Lymphocytes play a central role in regulating both the innate and adaptive immune responses. To exhibit their functions, lymphocytes must undergo a series of cellular processes including activation, proliferation, differentiation and cytokine expression when encountering specific antigens [25]. Such processes of lymphocytes represent important targets for immunosuppressive or anti-inflammatory drugs [13]. In this study, we demonstrated that CuIIb robustly attenuated the activation and proliferation of mitogen-activated lymphocytes. Importantly, the critical inflammatory cytokines, including TNF-α, IFN-γ and IL-6, were markedly downregulated and the activation-induced cell death was enhanced by CuIIb treatment. These data highlight the novel anti-inflammatory activity of CuIIb in downregulating the functions of activated lymphocytes in inflammation-related diseases.

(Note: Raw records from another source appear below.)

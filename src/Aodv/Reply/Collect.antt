-- ===== src/Aodv/Reply/Collect.antt =====
-- QueueRrepCandidate for the copies of a request, and SendCollectedRrep after them.
use aqua_sim_ng.Address.{address_key}
use aqua_sim_ng.Aodv.Header.{AodvHeader}
use aqua_sim_ng.Aodv.Reply.{candidate_of, is_better_rreq_candidate, queue_rrep_candidate}
use aqua_sim_ng.Aodv.Reply.Answered.{Answered}
use aqua_sim_ng.Aodv.Reply.Best.{IsAsGood}
use aqua_sim_ng.Aodv.State.{Env, Node, RequestKey, RreqCandidate, RreqCollection, request_key}
use aqua_sim_ng.Prelude.{All, List, [], if◌then◌else◌, true, ℕ, ◌∷◌, ◌≡◌, ◌⊎◌}
use aqua_sim_ng.Prelude.Map.{insert}

-- A request as it is heard: the node's surroundings, the header and the neighbour.
abbrev pub Heard : Type 0
Heard = Env × AodvHeader × ℕ

abbrev pub heard_candidate : Heard → RreqCandidate
heard_candidate x = candidate_of x.0 x.1 x.2

-- Copies of a request that are heard one after the other.
unfoldable pub hear : RequestKey → List Heard → Node → Node
hear key [] n = n
hear key (x ∷ xs) n = hear key xs (queue_rrep_candidate x.0 key x.1 x.2 n)

unfoldable pub offers : List RreqCandidate → RreqCandidate → RreqCandidate
offers [] b = b
offers (c ∷ cs) b = offers cs (if is_better_rreq_candidate c b then c else b)

abbrev pub IsOneOf : RreqCandidate → List RreqCandidate → Type 0
IsOneOf b [] = ⊥
IsOneOf b (c ∷ cs) = (b ≡ c) ⊎ IsOneOf b cs

-- As good as every candidate of the list.
abbrev pub IsBest : RreqCandidate → List RreqCandidate → Type 0
IsBest b cs = All (IsAsGood b) cs

abbrev collection : RreqCandidate → RreqCollection
collection b = record { best = b; has_candidate = true }

-- The node with a candidate in the collection.
abbrev with_best : RequestKey → RreqCandidate → Node → Node
with_best key b n = record n { rreq_collections = insert key (collection b) n.rreq_collections }

abbrev better_of : RreqCandidate → RreqCandidate → RreqCandidate
better_of c b = if is_better_rreq_candidate c b then c else b
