module _ (o : Outside) (req : WithdrawalRequest) (fits : IsInt64 req.amount_kobo)
    (leaves : LeavesLedger o) where
  abbrev service : WithdrawalService World
  service = mem_withdrawal_service o

  abbrev lines : Withdrawal → List LedgerEntry
  lines wd =
      pair (withdrawal_tx_id wd) (customer_wallet_account req.customer_id) account_nomba_settlement
        req.amount_kobo

  -- The world with the posting of a withdrawal.
  abbrev booked : Option String → Withdrawal → World → World
  booked va_id wd w = record w {
    txns = extended w.clock (withdrawal_tx service req va_id wd w.clock) (lines wd) w.txns;
  }

  posts :
      (va_id : Option String) (wd : Withdrawal) (w : World)
      → is_posted (withdrawal_tx_id wd) w.txns ≡ false
      → post_transaction w.clock (withdrawal_tx service req va_id wd w.clock) (lines wd) w.txns
        ≡ (ok true, (booked va_id wd w).txns)
  posts va_id wd w fresh =
      post-extended w.clock (withdrawal_tx service req va_id wd w.clock) (lines wd) w.txns
        (posted-lookup (withdrawal_tx_id wd) w fresh)
        (net_of-pair (withdrawal_tx_id wd) (customer_wallet_account req.customer_id)
          account_nomba_settlement req.amount_kobo)

  abbrev completion : Withdrawal → TransferResponse → Withdrawal
  completion wd resp = record wd {
    status = completed;
    provider_transaction_id = some resp.transaction_id;
    provider_session_id = some resp.session_id;
  }

  -- What follows the posting.
  abbrev closing :
      Withdrawal
      → TransferResponse
      → World
      → Result Bool × TransactionStore
      → Result Withdrawal × World
  closing wd resp w q =
      ◌>>=◌ (or_wrap "withdrawal: post ledger" (λ (v : World). (q.0, record v { txns = q.1 })))
        (λ _.
          ignoring (
            o.withdrawals.update_withdrawal_status wd.id completed (some resp.transaction_id)
              (some resp.session_id) none)
          >> pure (completion wd resp))
        w

  book_step :
      (va_id : Option String) (wd : Withdrawal) (resp : TransferResponse) (w : World)
      → le64 req.amount_kobo 0 ≡ false
      → is_posted (withdrawal_tx_id wd) w.txns ≡ false
      → book_transfer service req va_id wd resp w
        ≡ closing wd resp w (ok true, (booked va_id wd w).txns)
  unfolding book_transfer withdraw_customer
  book_step va_id wd resp w positive fresh =
      rw positive (ap (closing wd resp w) (posts va_id wd w fresh))

  book-Paid :
      (va_id : Option String) (wd : Withdrawal) (resp : TransferResponse) (w w' : World)
      → le64 req.amount_kobo 0 ≡ false
      → is_posted (withdrawal_tx_id wd) w.txns ≡ false
      → w'.txns ≡ w.txns
      → Paid req w (book_transfer service req va_id wd resp w')
  book-Paid va_id wd resp w w' positive fresh same =
      rw (book_step va_id wd resp w' positive (rw same fresh)) (
        refl,
        λ account.
            ap (balance account) (
              leaves.1 wd.id completed (some resp.transaction_id) (some resp.session_id) none
                (booked va_id wd w'))
            ∙ balance-extended account w'.clock (withdrawal_tx service req va_id wd w'.clock)
                (lines wd) w'.txns
            ∙ (λ i. add64 (balance account (same i)) (
                balance_of-pair (withdrawal_tx_id wd) (customer_wallet_account req.customer_id)
                  account_nomba_settlement req.amount_kobo fits account i)),
      )

  transferred-Paid :
      (va_id : Option String) (wd : Withdrawal) (w : World) (q : Result TransferResponse × World)
      → le64 req.amount_kobo 0 ≡ false
      → is_posted (withdrawal_tx_id wd) w.txns ≡ false
      → q.1.txns ≡ w.txns
      → Paid req w (transferred service req va_id wd q.0 q.1)
  unfolding transferred
  transferred-Paid va_id wd w (ok resp, w') positive fresh same =
      book-Paid va_id wd resp w w' positive fresh same
  transferred-Paid va_id wd w (err e, w') positive fresh same =
      leaves.1 wd.id WithdrawalStatus.failed none none (some (error_text e)) w' ∙ same

  created-Paid :
      (va_id : Option String) (w : World) (q : Result Withdrawal × World)
      → le64 req.amount_kobo 0 ≡ false
      → IsFresh w q.0
      → q.1.txns ≡ w.txns
      → Paid req w (
          ◌>>=◌
            (or_wrap "withdrawal: create record" (λ (_ : World). q))
            (λ wd.
              attempt (o.transfer (transfer_request req wd)) >>= transferred service req va_id wd)
            w)
  created-Paid va_id w (err e, w') positive fresh same = same
  created-Paid va_id w (ok wd, w') positive fresh same =
      transferred-Paid va_id wd w (o.transfer (transfer_request req wd) w') positive fresh
        (leaves.2 (transfer_request req wd) w' ∙ same)

  pub pay-Paid :
      (va_id : Option String) (w : World)
      → le64 req.amount_kobo 0 ≡ false
      → IsFresh w (o.withdrawals.create_withdrawal (new_withdrawal service req va_id) w).0
      → Paid req w (pay service req va_id w)
  unfolding pay
  pay-Paid va_id w positive fresh =
      created-Paid va_id w (o.withdrawals.create_withdrawal (new_withdrawal service req va_id) w)
        positive fresh (leaves.0 (new_withdrawal service req va_id) w)

  transferred-succeeded :
      (va_id : Option String) (wd : Withdrawal) (w : World) (q : Result TransferResponse × World)
      → le64 req.amount_kobo 0 ≡ false
      → is_posted (withdrawal_tx_id wd) w.txns ≡ false
      → q.1.txns ≡ w.txns
      → succeeded (transferred service req va_id wd q.0 q.1).0 ≡ succeeded q.0
  unfolding transferred
  transferred-succeeded va_id wd w (ok resp, w') positive fresh same =
      ap (λ q. succeeded q.0) (book_step va_id wd resp w' positive (rw same fresh))
  transferred-succeeded va_id wd w (err e, w') positive fresh same = refl

  created-succeeded :
      (va_id : Option String) (w : World) (q : Result Withdrawal × World)
      → le64 req.amount_kobo 0 ≡ false
      → IsFresh w q.0
      → q.1.txns ≡ w.txns
      → succeeded
          (◌>>=◌
            (or_wrap "withdrawal: create record" (λ (_ : World). q))
            (λ wd.
              attempt (o.transfer (transfer_request req wd)) >>= transferred service req va_id wd)
            w).0
        ≡ answered o req q
  created-succeeded va_id w (err e, w') positive fresh same = refl
  created-succeeded va_id w (ok wd, w') positive fresh same =
      transferred-succeeded va_id wd w (o.transfer (transfer_request req wd) w') positive fresh
        (leaves.2 (transfer_request req wd) w' ∙ same)

  pub may-covered :
      (w : World)
      → may_withdraw req w ≡ true
      → lt64 (balance (customer_wallet_account req.customer_id) w.txns) req.amount_kobo ≡ false
  unfolding may_withdraw
  may-covered w h = ground arith

  pub may-positive : (w : World) → may_withdraw req w ≡ true → le64 req.amount_kobo 0 ≡ false
  unfolding may_withdraw
  may-positive w h = ground arith

  -- `Initiate` for an int64 amount, over the in-memory stores of customers, accounts and transactions,
  -- where the store of withdrawals and the provider leave the ledger alone and the id of a new record is not in the ledger: it succeeds exactly if the request is
  -- complete, the tenant sees the customer, the wallet holds the amount, the record is taken and the
  -- provider answers without an error. If one of the first three fails, nothing changes at all; an
  -- error after them leaves the ledger as it was, and success moves the amount from the wallet to the
  -- settlement account, with no other balance changed.
  pub initiate_outcome :
      (w : World)
      → IsFresh w (recorded o req w).0
      → let q = initiate (mem_withdrawal_service o) req w in
        (succeeded q.0 ≡ may_withdraw req w && answered o req (recorded o req w))
        × (if may_withdraw req w then Paid req w q else (q.1 ≡ w))
  unfolding pay
  initiate_outcome w fresh = elim (Bool-cases (may_withdraw req w)) [
    | inl may ↦
        let alone = leaves.0 (new_withdrawal service req (account_id req w)) w in
        rw (may, passed o req w may)
          (
            created-succeeded (account_id req w) w (recorded o req w) (may-positive w may) fresh
                alone,
            created-Paid (account_id req w) w (recorded o req w) (may-positive w may) fresh alone,
          )
    | inr not_may ↦ rw not_may (refused o req w not_may)
  ]

  covered_after :
      (w : World) (q : Result Withdrawal × World)
      → may_withdraw req w ≡ true
      → lt64 (balance (customer_wallet_account req.customer_id) w.txns) 0 ≡ false
      → Paid req w q
      → lt64 (balance (customer_wallet_account req.customer_id) q.1.txns) 0 ≡ false
  covered_after w (err e, w') may solvent paid = rw paid solvent
  covered_after w (ok wd, w') may solvent paid =
      let wallet = customer_wallet_account req.customer_id in
      let b = balance wallet w.txns in
      let debited : balance wallet w'.txns ≡ sub64 b req.amount_kobo =
        paid.1 wallet
        ∙ moved_from account_nomba_settlement req.amount_kobo b wallet
            (λ p. wallet-ne-settlement req.customer_id (sym p)) in
      rw debited (
        still_solvent b req.amount_kobo (balance-IsInt64 wallet w.txns) fits solvent
          (may-covered w may) (may-positive w may))

  -- `Initiate` for an int64 amount, over the in-memory stores of customers, accounts and transactions,
  -- where the store of withdrawals and the provider leave the ledger alone and the id of a new record is
  -- not in the ledger: if the customer's wallet is not below zero before the call, it is not below zero
  -- after it, where nothing else runs in between.
  pub initiate-covered :
      (w : World)
      → lt64 (balance (customer_wallet_account req.customer_id) w.txns) 0 ≡ false
      → IsFresh w (recorded o req w).0
      → let w' = (initiate (mem_withdrawal_service o) req w).1 in
        lt64 (balance (customer_wallet_account req.customer_id) w'.txns) 0 ≡ false
  initiate-covered w solvent fresh = elim (Bool-cases (may_withdraw req w)) [
    | inl may ↦
        covered_after w (initiate service req w) may solvent
          (rw may at (initiate_outcome w fresh).1)
    | inr not_may ↦ rw (refused o req w not_may).1 solvent
  ]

The activation of T lymphocytes is a critical process preceding clonal expansion upon antigen stimulation, and such a process is manifested by the surface expression of activation markers, such as CD69 and CD25. As an early activation marker, CD69 functions as a costimulatory molecule which enhances the T responses following the TCR-ligand interaction [26], [27]. Another activation marker CD25 is the α subunit of IL-2 receptor (IL-2R) [28], which comprises the high affinity IL-2R with the β and γ subunits. Thus, CD25 upregulation is required for IL-2-mediated signaling [29]. During adaptive immune responses, IL-2 serves as a critical growth factor for lymphocytes, which binds the high affinity IL-2R and drives the activated lymphocytes into cell division, resulting in a robust clonal expansion [26]. We observed in this study that CuIIb strongly suppressed the expression of both CD69 and CD25, thus dampening the costimulatory and IL-2 signaling required for clonal expansion of lymphocytes. In line with this, there was a significant reduction in Con A-stimulated cell proliferation upon CuIIb treatment. As the expression of CD69 and CD25 was regulated by the MAPK pathways [29], CuIIb-triggered downregulation of Erk1/2 and JNK may at least partly be responsible for the decreased expression of such activation markers. Together, CuIIb-mediated downregulation of CD69 and CD25 expression contributed to its anti-proliferative effect on lymphocytes in response to mitogen stimulation.

Apart from downregulating CD69 and CD25 expression, CuIIb also induced cell cycle arrest in S and G₂/M phases in activated lymphocytes, which is in agreement with the previous study that this same agent caused a similar cell cycle arrest in human prostate cancer cells [18]. Like its closely related analogue cucurbitacin IIa and other members of cucurbitacin family [4], [30], [31], CuIIb could rapidly disrupt the actin dynamics and damage the actin cytoskeleton leading to the formation of actin aggregates in lymphocytes. Given the essential role of actin dynamics in cell cycle progression, CuIIb-caused actin dynamics disruption would impair the normal lymphocyte division process. Furthermore, the actin cytoskeleton damage caused by CuIIb might activate the cell cycle checkpoint, as evidenced by the upregulation of p27^Kip1 (a cyclin-dependent kinase inhibitor) and downregulation of cyclin B (an S-phase cyclin required for G₂-M transition). Thus, it appeared that CuIIb induced cell cycle arrest by damaging the actin cytoskeleton, which may also contribute to its anti-proliferative effect in mitogen-activated lymphocytes.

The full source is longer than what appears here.